A deep-pocketed special-interest group remains curiously silent amid the furor over campaign-finance "reform": Indian tribes. Why?
You might think tribal leaders would swarm Capitol Hill, joining other business groups and trade associations rightly worried about the McCain-Feingold bill's deleterious effects on their ability to participate in the political process. Under McCain-Feingold, so-called "soft money" donations (which currently are unregulated and unlimited) would be banned. That presumably would be a big blow to Indian tribes -- particularly those that run casinos -- whose soft-money giving has exploded in the last few years.
In the 1996 election cycle, a Center for Responsive Politics report notes that Indian gaming interests gave more than $1.5 million in soft money to national party committees. According to National Journal, six of the top 10 soft-money donors among interest groups nationwide in 1999-2000 were Native American tribes. The No. 3-ranked Seminole Tribe of Florida donated $325,000 - 85 percent of which went to the Democrats. After making the donations, the Seminoles gained approval for electronic gambling machines. The No. 5-ranked Mashantucket Pequot Tribe, operators of the gargantuan Foxwoods Casino in Connecticut, donated $319,000 - 83 percent to the Democrats.
Final tallies are not in yet, but analysts say the top individual recipient of Indian gaming money during election 2000 was none other than antisoft-money crusader Sen. John McCain (R-Ariz.), who sits on the Senate Committee of Indian Affairs.
So why aren't Indian tribes raising hell over McCain's soft-money ban? The answer is in an obscure ruling by the Federal Election Commission (FEC) last year that was overlooked by mainstream press cheerleaders for campaign-finance reform and downplayed on Capitol Hill for self-interested reasons.
Responding to a request by lobbyists for the Oneida Indian Nation, a Democrat-leaning tribe that owns and operates the profitable Turning Stone Casino in Verona, N.Y., the FEC ruled unanimously that Indian tribes are not subject to the aggregate limit on annual giving by "individuals." In one of those inexplicable Clintonesque legal interpretations, the FEC ruled that while a tribe is a "person" subject to individual limits on contributions to candidates, parties and political-action committees (PACs), it is not an "individual" subject to the current $25,000 limit on its annual total of contributions.
In other words, while Joe Donor is limited to giving 25, $1,000 hard-money donations to 25 candidates during an election cycle, the Oneida Nation or any other tribe can use tribal government funds to give unlimited "individual" donations of $1,000 each to an unlimited number of candidates. That cash essentially is soft money disguised as hard money. The bottom line is that Indian tribes, especially those flush with casino profits and other funds from corporate enterprises, gain an enormous leg up on other political donors.

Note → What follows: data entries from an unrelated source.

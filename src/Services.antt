-- ===== src/Services.antt =====
-- The handlers of services.go that work on the user's profile: information, skins and capes, and
-- names. The arguments are the request's path, its Authorization header and its values.
pub mod Bearer
pub mod Keeps
pub mod Names
use yggdrasil_authentication.Base.{
  ℕ, Bool, true, false, not, ◌&&◌, Option, none, some, List, [], ◌∷◌, ◌++◌, ◌==◌, nat_eq, text_eq,
  Text, text, length, take, drop, if◌then◌else◌,
}
use yggdrasil_authentication.Types.{
  Result, ok, err, Error, record_not_found, http_error, errors_new, User, Client, Body, Response,
  ServicesProfile, ServicesProfileSkin, services_profile, NameChangeResponse, name_change,
  name_availability, ChangeNameErrorResponse, change_name_error, ErrorResponse, error_response,
  stale_policy_allow, json, no_content, SessionProfileProperty,
}
use yggdrasil_authentication.Platform.{Platform, Reader, by_player_name}
use yggdrasil_authentication.Action.{
  App, Action, Handler, World, Exit, next, reply, fail, panic, ◌>>=◌, ◌>>◌, pure, respond,
  or_return, return_error, deref, query, write, now, attempt,
}
use yggdrasil_authentication.Util.{contains}
use yggdrasil_authentication.Model.Ids.{uuid_to_id, is_valid_skin_model}
use yggdrasil_authentication.Model.Names.{validate_player_name, skin_url}
use yggdrasil_authentication.Model.Tokens.{get_client}
use yggdrasil_authentication.Account.{make_error_response}
use yggdrasil_authentication.Errors.{is_error_unique_failed}
use yggdrasil_authentication.Profile.{get_fallback_skin_textures_property}
use yggdrasil_authentication.Textures.{set_skin_and_save, set_cape_and_save}

-- The submatch of "^Bearer (.*)$", in which "." is any character but a line feed.
unfoldable pub bearer_token : Text → Option Text
bearer_token header =
    if take 7 header == text "Bearer " && not (contains (drop 7 header) 10)
    then some (drop 7 header)
    else none

-- The answer without a valid token.
abbrev pub unauthorized : Text → Response
unauthorized path =
    json 401 (error_response (record { path = some path; error = none; error_message = none }))

module _ ⦃P : Platform⦄ (app : App P) where
  -- `withBearerAuthentication`; an Authorization header that is missing is empty.
  unfoldable pub with_bearer_authentication : Text → Text → (User → Handler) → Handler
  with_bearer_authentication path header f = elim (bearer_token header) [
    | none ↦ respond (unauthorized path)
    | some access_token ↦ (do
      found ← get_client app access_token stale_policy_allow
      elim found [ none ↦ respond (unauthorized path) | some (client, user) ↦ f user ])
  ]

  -- The skin of a texture map that a fallback server sent, whose pointers are followed.
  unfoldable pub forwarded_skin :
      User → SessionProfileProperty → Action (Option ServicesProfileSkin)
  forwarded_skin user property = elim (P.base64_decode property.value) [
    | err e ↦ pure none
    | ok value ↦ elim (P.unmarshal_textures value) [
      | err e ↦ pure none
      | ok textures_value ↦ (do
        skin ← deref textures_value.textures.skin
        metadata ← deref skin.metadata
        pure (
            some (record {
              id = user.uuid;
              state = text "ACTIVE";
              url = skin.url;
              variant = P.to_upper metadata.model;
            })))
    ]
  ]

  -- `getServicesProfileSkin`.
  unfoldable pub get_services_profile_skin : User → Action (Option ServicesProfileSkin)
  get_services_profile_skin user =
      if not user.skin_hash.valid && not user.cape_hash.valid && app.config.forward_skins
      then (do
        fallback_property ← get_fallback_skin_textures_property app user
        elim fallback_property [
          | err e ↦ pure none
          | ok none ↦ pure none
          | ok (some property) ↦ forwarded_skin user property
        ])
      else if user.skin_hash.valid
      then elim (skin_url app user.skin_hash.string) [
        | err e ↦ pure none
        | ok url ↦ pure (
            some (record {
              id = user.uuid;
              state = text "ACTIVE";
              url = url;
              variant = P.to_upper user.skin_model;
            }))
      ]
      else pure none

  abbrev skin_list : Option ServicesProfileSkin → List ServicesProfileSkin
  skin_list none = []
  skin_list (some skin) = skin ∷ []

  -- `getServicesProfile`, which never returns an error: a malformed UUID gives the zero value.
  unfoldable pub get_services_profile : User → Action ServicesProfile
  get_services_profile user = elim (uuid_to_id user.uuid) [
    | err e ↦ pure (record { id = []; name = []; skins = none; capes = none })
    | ok id ↦ (do
      skin ← get_services_profile_skin user
      pure (record {
        id = id;
        name = user.player_name;
        skins = some (skin_list skin);
        capes = some [];
      }))
  ]

  -- `ServicesProfileInformation`.
  unfoldable pub services_profile_information : Text → Text → Handler
  services_profile_information path header = with_bearer_authentication path header λ user. (do
    profile ← get_services_profile user
    respond (json 200 (services_profile profile)))

  -- `ServicesUploadSkin`, for the form's variant and file; an error of the file is one of opening
  -- it, too.
  unfoldable pub services_upload_skin : Text → Text → Text → Result Reader → Handler
  services_upload_skin path header variant file = with_bearer_authentication path header λ user.
      if not app.config.allow_skins
      then respond
          (make_error_response path 400 none (some (text "Changing your skin is not allowed.")))
      else if not (is_valid_skin_model (P.to_lower variant))
      then respond
          (make_error_response path 400 none (some (text "Invalid request body for skin upload")))
      else elim file [
        | err e ↦ respond (
            make_error_response path 400 none
              (some (text "content is marked non-null but is null")))
        | ok src ↦ (do
          saved ←
              attempt
                (set_skin_and_save app (record user { skin_model = P.to_lower variant }) (some src))
          elim saved [
            | err e ↦
                respond
                  (make_error_response path 400 none (some (text "Could not read image data.")))
            | ok user ↦ (do
              profile ← get_services_profile user
              respond (json 200 (services_profile profile)))
          ])
      ]

  -- `ServicesResetSkin`.
  unfoldable pub services_reset_skin : Text → Text → Handler
  services_reset_skin path header =
      with_bearer_authentication path header
        λ user. (set_skin_and_save app user none >> respond (no_content 200))

  -- `ServicesHideCape`.
  unfoldable pub services_hide_cape : Text → Text → Handler
  services_hide_cape path header =
      with_bearer_authentication path header
        λ user. (set_cape_and_save app user none >> respond (no_content 200))

  -- `ServicesNameChange`; the instants are formatted when they are written.
  unfoldable pub services_name_change : Text → Text → Handler
  services_name_change path header = with_bearer_authentication path header λ user. respond (
      json 200 (
        name_change (record {
          changed_at = user.name_last_changed_at;
          created_at = user.created_at;
          name_change_allowed = app.config.allow_changing_player_name;
        })))

  -- `ServicesNameAvailability`.
  unfoldable pub services_name_availability : Text → Text → Text → Handler
  services_name_availability path header player_name =
      with_bearer_authentication path header λ user.
        if not app.config.allow_changing_player_name
        then respond (json 200 (name_availability (text "NOT_ALLOWED")))
        else elim (validate_player_name app player_name) [
          | some e ↦ respond (
              make_error_response path 400 (some (text "CONSTRAINT_VIOLATION")) (
                some (
                  text "checkNameAvailability.profileName: "
                  ++ (P.error_string e
                      ++ text ", checkNameAvailability.profileName: Invalid profile name"))))
          | none ↦ (do
            result ← query (P.first_user (by_player_name player_name))
            elim result [
              | ok other_user ↦ respond (json 200 (name_availability (text "DUPLICATE")))
              | err record_not_found ↦ respond (json 200 (name_availability (text "AVAILABLE")))
              | err (http_error code message) ↦ return_error (http_error code message)
              | err (errors_new s) ↦ return_error (errors_new s)
            ])
        ]

  -- The refusals of `ServicesChangeName`.
  abbrev pub bad_request : Text → Text → Response
  bad_request path message = json 400 (
      change_name_error (record {
        path = path;
        error_type = text "BAD REQUEST";
        error = text "BAD REQUEST";
        details = none;
        error_message = message;
        developer_message = message;
      }))

  abbrev pub duplicate : Text → Response
  duplicate path = json 403 (
      change_name_error (record {
        path = path;
        error_type = text "FORBIDDEN";
        error = text "FORBIDDEN";
        details = some (text "DUPLICATE");
        error_message = text "That player name is taken.";
        developer_message = text "That player name is taken.";
      }))

  -- The user with another name, or the refusal of it.
  unfoldable pub rename : Text → Text → User → Action User
  rename path player_name user =
      if user.player_name == player_name
      then pure user
      else if app.config.allow_changing_player_name
      then (do
        at ← now
        pure (record user { player_name = player_name; name_last_changed_at = at }))
      else respond (bad_request path (text "Changing your player name is not allowed."))

  -- What `ServicesChangeName` does for the user of the token.
  unfoldable pub change_name : Text → Text → User → Handler
  change_name path player_name user = elim (validate_player_name app player_name) [
    | some e ↦ respond (bad_request path (P.error_string e))
    | none ↦ (do
      renamed ← rename path player_name user
      saved ← write (P.save_user renamed)
      elim saved [
        | some e ↦
            if is_error_unique_failed (some e) then respond (duplicate path) else return_error e
        | none ↦ (do
          profile ← get_services_profile renamed
          respond (json 200 (services_profile profile)))
      ])
  ]

  -- `ServicesChangeName`.
  unfoldable pub services_change_name : Text → Text → Text → Handler
  services_change_name path header player_name =
      with_bearer_authentication path header (change_name path player_name)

The ruling "enables an Indian tribe to become a political cash register that can gulp `soft money' from any source and disgorge it as `hardmoney' contributions or expenditures," explains Ed Zuckerman, editor of the PACs and Lobbies newsletter. Zuckerman concluded that the FEC gave tribes a unique opportunity to earn transaction fees and commissions by utilizing their tribal accounts to launder soft money into a new form of hard money that might be called "political wampum." Zuckerman told me this week it is "quite possible, very possible" that this cozy little laundromat arrangement could pick up business dramatically if McCain-Feingold becomes the law of the land. Nobody wants to question this special preference loophole for Indian tribes. It's partly political correctness, but a bigger factor also is involved: political protectionism. One critic in the small-business community, frustrated by the hypocrisy of campaign-finance crusaders, told me: "There's a slush fund here that no one wants to talk about -- or touch."
Just goes to show you: The more things get "reformed" in Washington, the more they stay the same.
Michelle Malkin is a syndicated columnist.